Otherwise, if either operand is unsigned, the other shall be converted to unsigned.
[Note: otherwise, the only remaining case is that both operands are int]
Therefore, since j is unsigned, i is promoted to unsigned and the addition is performed using unsigned int arithmetic.
b) This is UB. The result of the addition is unsigned int (as per (a)), and thus you overflow the int in the assignment.
c) From §4.5/1:
An rvalue of type char, signed char, unsigned char, short int, or unsigned short int can be converted to an rvalue of type int if int can represent all the values of the source type; otherwise, the source rvalue can be converted to an rvalue of type unsigned int.
Therefore, since a 4-byte int can represent any value in a 2-byte short or unsigned short, both are promoted to int (per §5.9's integral promotions rule), and then added as ints.
d) From §3.9.1/4:
Unsigned integers, declared unsigned, shall obey the laws of arithmetic modulo 2n where n is the number of bits in the value representation of that particular size of integer.
Therefore, UINT_MAX+1 is legal (not UB) and equal to 0.
Is the following undefined and why?
int i = 0xFF;
unsigned int r = i << 24;
The behaviour is technically undefined unless the int type has more than 32 bits.
From C++11, 5.8/2 (describing an expression E1 << E2):
if E1 has a signed type and non-negative value, and E1×2E2 is representable
in the result type, then that is the resulting value; otherwise, the behavior is undefined.
The result type of i << 24 is (signed) int; if that has 32 bits or less, then 0xff * 2^24 == 0xff000000 is not representable (the maximum representable 32-bit signed value being 0x7fffffff), so behaviour is undefined as specified in that clause.
According to N3242 section 5.8 Shift operators:
The shift operators << and >> group left-to-right.

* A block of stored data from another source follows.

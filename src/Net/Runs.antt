-- ===== src/Net/Runs.antt =====
-- Runs of the goroutines of a connection, and the theorems about servers and goroutines at them.
use golang_tools.Base.{
  ℕ, zero, suc, ◌+◌, ◌≤◌, ◌<◌, ◌≡◌, refl, arith, ◌⊎◌, inl, inr, Bool, true, false, List, [], ◌∷◌,
  ◌++◌, map, flatten, length, Option, none, some,
}
use golang_tools.Base.Int.{pos}
use golang_tools.Net.{ClientMsg, uncode}
use golang_tools.Net.Frames.{frame, seen, answers}
use golang_tools.Net.Loops.{
  closed, reading, handing, failing, leaving, ended, waiting, asking, sending, reply, Conn, start,
  Step, read, fail, hang_up, tell, hand, answer, pass, write, lose, own, Reach, begin, later,
}
use golang_tools.Net.Loops.Messages.{messages}
use golang_tools.Net.Loops.Pending.{replies, replies_to, Kept}
use golang_tools.Net.Loops.Order.{Reach-Kept}
use golang_tools.Net.Loops.Ends.{work, Steps-bound, stay, more, Informed, Reach-Informed}
use golang_tools.Net.Tcp.{tcp, tcp_answers}
use golang_tools.Net.Websocket.{
  Json, uncode_http, decode_http, read_recv_msg_http, deliver_recv_msg_http, http,
}
use golang_tools.Net.Websocket.Answers.{http_answers}
use golang_tools.Net.Server.{Protocols, connection, error, accept_loop, crashed, Served, tcp_name}
use golang_tools.Net.Server.Accepts.{IsShared, accept_loop-connections, init_server-IsShared}

abbrev ask : ClientMsg
ask = record { tag = pos 5; msg = 63 ∷ [] }

-- A session that answers every message with itself.
abbrev echo : ℕ → ClientMsg → ℕ × Option ClientMsg
echo n m = (suc n, some m)

-- A frame and one byte.
abbrev stream : List ℕ
stream = flatten (map frame (ask ∷ [])) ++ (0 ∷ [])

abbrev began : Conn (List ℕ) (List ℕ) ℕ
began = start stream 0

abbrev has_read : Conn (List ℕ) (List ℕ) ℕ
has_read = record began { incoming = 0 ∷ []; reader = handing ask }

abbrev handed : Conn (List ℕ) (List ℕ) ℕ
handed = record has_read { reader = reading; deliverer = asking ask }

-- The rest is no frame.
abbrev garbled : Conn (List ℕ) (List ℕ) ℕ
garbled = record handed { reader = failing }

-- The connection is closed before the answer is there.
abbrev cut_off : Conn (List ℕ) (List ℕ) ℕ
cut_off = record handed { reader = leaving; link = closed }

abbrev answered_late : Conn (List ℕ) (List ℕ) ℕ
answered_late = record cut_off { session = 1; deliverer = sending (frame ask) }

abbrev passed : Conn (List ℕ) (List ℕ) ℕ
passed = record answered_late { deliverer = waiting; writer = some (reply (frame ask)) }

abbrev dropped : Conn (List ℕ) (List ℕ) ℕ
dropped = record passed { writer = none }

abbrev lost_it : Conn (List ℕ) (List ℕ) ℕ
lost_it = record dropped { reader = ended; disconnects = 1 }

read_step : Step tcp echo began has_read
unfolding uncode golang_tools.Net.decode golang_tools.Base.Word.to_u32
read_step = read ask (0 ∷ []) refl refl

fail_step : Step tcp echo handed garbled
unfolding uncode
fail_step = fail refl refl

hang_up_step : Step tcp echo garbled cut_off
hang_up_step = hang_up refl

hand_step : Step tcp echo has_read handed
hand_step = hand ask refl refl

answer_step : Step tcp echo cut_off answered_late
answer_step = answer ask ask (frame ask) refl refl refl

pass_step : Step tcp echo answered_late passed
pass_step = pass (frame ask) refl refl

lose_step : Step tcp echo passed dropped
lose_step = lose (reply (frame ask)) refl tt

-- The answer is lost.
lossy_run : Reach tcp echo stream 0 lost_it
lossy_run =
    later
      (later
        (later
          (later
            (later (later (later (later begin (own read_step)) (own hand_step)) (own fail_step))
              (own hang_up_step))
            (own answer_step))
          (own pass_step))
        (own lose_step))
      (own (tell refl))

rest_cut : uncode (0 ∷ []) ≡ none
unfolding uncode
rest_cut = refl

tcp_answers_example :
    (lost : List (List ℕ)) × (replies lost_it.sent ++ lost
      ≡ map frame (answers echo 0 (map seen (ask ∷ []))))
    × (length lost ≤ 2)
tcp_answers_example =
    tcp_answers echo (ask ∷ []) (0 ∷ []) 0 lost_it (omega arith, tt) rest_cut lossy_run
      (refl, (refl, refl)) (λ e. cc)

Reach-Kept_example : Kept tcp echo (replies_to tcp echo 0 (messages tcp stream)) lost_it
Reach-Kept_example = Reach-Kept tcp echo stream 0 lost_it lossy_run

Reach-Informed_example : Informed tcp echo lost_it.reader lost_it.link lost_it.disconnects
Reach-Informed_example = Reach-Informed tcp echo stream 0 lost_it lossy_run

Steps-bound_example : 2 + work tcp echo handed ≤ work tcp echo began
Steps-bound_example = Steps-bound tcp echo 2 began handed (more (more stay read_step) hand_step)

-- A JSON of a kind: every text is a request with the number 1, and the answer's text has one byte more.
abbrev json : Json (List ℕ)
json = record {
  unmarshal = λ t. some (λ key. some t);
  atoi = λ t. some (pos 1);
  unmarshal_object = λ t. some t;
  empty_object = [];
  marshal = λ tag t. some (0 ∷ t);
}

abbrev texts : List (List ℕ)
texts = (7 ∷ []) ∷ []

abbrev request : ClientMsg
request = record { tag = pos 1; msg = 7 ∷ [] }

abbrev ws_began : Conn (List (List ℕ)) (List ℕ) ℕ
ws_began = start texts 0

abbrev ws_read : Conn (List (List ℕ)) (List ℕ) ℕ
ws_read = record ws_began { incoming = []; reader = handing request }

abbrev ws_handed : Conn (List (List ℕ)) (List ℕ) ℕ
ws_handed = record ws_read { reader = reading; deliverer = asking request }

abbrev ws_answered : Conn (List (List ℕ)) (List ℕ) ℕ
ws_answered = record ws_handed { session = 1; deliverer = sending (0 ∷ 7 ∷ []) }

abbrev ws_passed : Conn (List (List ℕ)) (List ℕ) ℕ
ws_passed = record ws_answered { deliverer = waiting; writer = some (reply (0 ∷ 7 ∷ [])) }

abbrev ws_written : Conn (List (List ℕ)) (List ℕ) ℕ
ws_written = record ws_passed { writer = none; sent = reply (0 ∷ 7 ∷ []) ∷ [] }

abbrev ws_failed : Conn (List (List ℕ)) (List ℕ) ℕ
ws_failed = record ws_written { reader = failing }

abbrev ws_closed : Conn (List (List ℕ)) (List ℕ) ℕ
ws_closed = record ws_failed { reader = leaving; link = closed }

abbrev ws_ended : Conn (List (List ℕ)) (List ℕ) ℕ
ws_ended = record ws_closed { reader = ended; disconnects = 1 }

ws_read_step : Step (http json) echo ws_began ws_read
unfolding uncode_http
ws_read_step = read request [] refl refl

ws_hand_step : Step (http json) echo ws_read ws_handed
ws_hand_step = hand request refl refl

ws_answer_step : Step (http json) echo ws_handed ws_answered
unfolding decode_http
ws_answer_step = answer request request (0 ∷ 7 ∷ []) refl refl refl

ws_pass_step : Step (http json) echo ws_answered ws_passed
ws_pass_step = pass (0 ∷ 7 ∷ []) refl refl

ws_write_step : Step (http json) echo ws_passed ws_written
ws_write_step = write (reply (0 ∷ 7 ∷ [])) refl refl

ws_fail_step : Step (http json) echo ws_written ws_failed
ws_fail_step = fail refl refl

ws_run : Reach (http json) echo texts 0 ws_ended
ws_run =
    later
      (later
        (later
          (later
            (later
              (later (later (later begin (own ws_read_step)) (own ws_hand_step))
                (own ws_answer_step))
              (own ws_pass_step))
            (own ws_write_step))
          (own ws_fail_step))
        (own (hang_up refl)))
      (own (tell refl))

http_answers_example :
    (lost : List (List ℕ)) × (replies ws_ended.sent ++ lost
      ≡ (deliver_recv_msg_http json echo 0 (read_recv_msg_http json texts).0).1)
    × (length lost ≤ 2)
http_answers_example = http_answers json echo texts 0 ws_ended ws_run (refl, (refl, refl)) (λ e. cc)

accept_loop-connections_example :
    (accept_loop {F = ℕ} {C = ℕ} (some 7) (connection 1 ∷ error (some 2) ∷ connection 3 ∷ [])
      ≡ Served.waiting (1 ∷ 3 ∷ []))
    × (accept_loop {F = ℕ} {C = ℕ}
          (some 7)
          (connection 1 ∷ error (some 2) ∷ connection 3 ∷ error none ∷ connection 4 ∷ [])
        ≡ crashed (1 ∷ 3 ∷ []))
    × (accept_loop {F = ℕ} {C = ℕ} none (connection 1 ∷ error (some 2) ∷ connection 3 ∷ [])
        ≡ crashed [])
accept_loop-connections_example =
    accept_loop-connections 7 (connection 1 ∷ error (some 2) ∷ connection 3 ∷ [])
      (connection 4 ∷ []) (tt, (tt, (tt, tt)))

abbrev protocols : Protocols ℕ
protocols = record {
  tcp = record { addr = []; protocol = []; listener = none; new_session_func = none };
  http = record { addr = []; protocol = []; routes = none; new_session_func = none };
}

init_server-IsShared_example : IsShared (1 ∷ []) (2 ∷ []) tcp_name (some 1) (some 2) protocols
init_server-IsShared_example =
    init_server-IsShared (1 ∷ []) (2 ∷ []) tcp_name (some 1) (some 2) protocols (inl refl)
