-- ===== src/Rpcx.antt =====
-- The packages rpcx/client and rpcx/service, over the packages rpcx and rpcx-etcd. Each of the two
-- packages has a variable basePath of its own.
pub mod BasePath
use golang_tools.Base.{
  ℕ, ◌+◌, ◌*◌, ltb, if◌then◌else◌, Bool, true, false, List, [], ◌∷◌, ◌++◌, Option, none, some,
}
use golang_tools.Base.Texts.{Text}

-- `/zhangbin/rpcx`
abbrev pub default_path : Text
default_path = 47 ∷ 122 ∷ 104 ∷ 97 ∷ 110 ∷ 103 ∷ 98 ∷ 105 ∷ 110 ∷ 47 ∷ 114 ∷ 112 ∷ 99 ∷ 120 ∷ []

-- `if etcdBasePath != "" { basePath = etcdBasePath }`
abbrev pub changed_path : Text → Text → Text
changed_path [] base = base
changed_path (c ∷ cs) base = c ∷ cs

-- ClientManager: the client of the package rpcx is made of the path of the discovery and the name.
pub record ClientManager : Type 0 where
  pub call_timeout : ℕ
  pub discovery_path : Text
  pub service : Text

-- New of the client. The state is basePath.
unfoldable pub new_client : Text → ℕ → Text → Text → Text × ClientManager
new_client service_name call_timeout etcd_base_path base =
    let base' = changed_path etcd_base_path base in
    (base', record { call_timeout = call_timeout; discovery_path = base'; service = service_name })

abbrev earlier : ℕ → ℕ → ℕ
earlier a b = if ltb b a then b else a

-- Call: the deadline is the earlier one of the context's and the timeout's; `call` is that of the package.
unfoldable pub call_client :
    {W : Type 0}
    → (ClientManager → Option ℕ → Text → W → W × Option ℕ)
    → ClientManager
    → ℕ
    → Option ℕ
    → Text
    → W
    → W × Option ℕ
call_client call c now deadline method w =
    call c
      (some
        (elim deadline [ none ↦ now + c.call_timeout | some d ↦ earlier d (now + c.call_timeout) ]))
      method w

-- `tcp@`
abbrev pub service_address : Text → Text
service_address addr = 116 ∷ 99 ∷ 112 ∷ 64 ∷ addr

-- EtcdV3RegisterPlugin, as far as it is set; the interval is in nanoseconds.
pub record Plugin : Type 0 where
  pub service_address : Text
  pub etcd_servers : List Text
  pub base_path : Text
  pub update_interval : ℕ

-- The server of the package rpcx: its plugins, and the names of its services.
pub record Server : Type 0 where
  pub plugins : List Plugin
  pub names : List Text

pub record ServerManage : Type 0 where
  pub addr : Text
  pub listen_addr : Text
  pub service_handler : Server

-- RegisterPlugin, with the value of basePath: `start` is Start of the plugin, `none` is no error.
unfoldable pub register_plugin :
    (Plugin → Option ℕ) → Text → Server → Text → List Text → Server × Option ℕ
register_plugin start base s addr etcd_addr =
    let r : Plugin = record {
      service_address = service_address addr;
      etcd_servers = etcd_addr;
      base_path = base;
      update_interval = 60 * 1_000_000_000;
    } in
    elim (start r) [
      | some e ↦ (s, some e)
      | none ↦ (record s { plugins = s.plugins ++ (r ∷ []) }, none)
    ]

-- New of the service. The state is basePath.
unfoldable pub new_server :
    (Plugin → Option ℕ)
    → Text
    → List Text
    → Text
    → Text
    → Text
    → Text × (Option ServerManage × Option ℕ)
new_server start addr etcd_addr etcd_base_path listen_addr base =
    let base' = changed_path etcd_base_path base in
    let (s, err) =
      register_plugin start base' (record { plugins = []; names = [] }) addr etcd_addr in
    elim err [
      | some e ↦ (base', (none, some e))
      | none ↦ (
        base',
        (some (record { addr = addr; listen_addr = listen_addr; service_handler = s }), none),
      )
    ]

-- RegisterOneService: a nil ServerManage is let pass.
unfoldable pub register_one_service :
    (Text → Option ℕ) → Text → Option ServerManage → Option ServerManage × Option ℕ
register_one_service register name none = (none, none)
register_one_service register name (some s) = elim (register name) [
  | none ↦ (
    some (record s {
      service_handler = record (s.service_handler) {
        names = s.service_handler.names ++ (name ∷ []);
      };
    }),
    none,
  )
  | some e ↦ (some s, some e)
]

-- Run and Stop: `serve` and `shutdown` are Serve and Shutdown of the package. Shutdown has five seconds, and
-- its error is dropped.
unfoldable pub run_server :
    {W : Type 0} → (Server → Text → W → W × Option ℕ) → ServerManage → W → W × Option ℕ
run_server serve s w = serve s.service_handler s.listen_addr w

unfoldable pub stop_server :
    {W : Type 0} → (Server → ℕ → W → W × Option ℕ) → ℕ → ServerManage → W → W
stop_server shutdown now s w = (shutdown s.service_handler (now + 5 * 1_000_000_000) w).0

shift-expression: additive-expression shift-expression << additive-expression shift-expression >> additive-expression
The operands shall be of integral or unscoped enumeration type and integral promotions are performed. The type of the result is that of the promoted left operand. The behavior is undefined if the right operand is negative, or greater than or equal to the length in bits of the promoted left operand.
So my answer? Depends on the number of bits in your left operand (which depends on your system).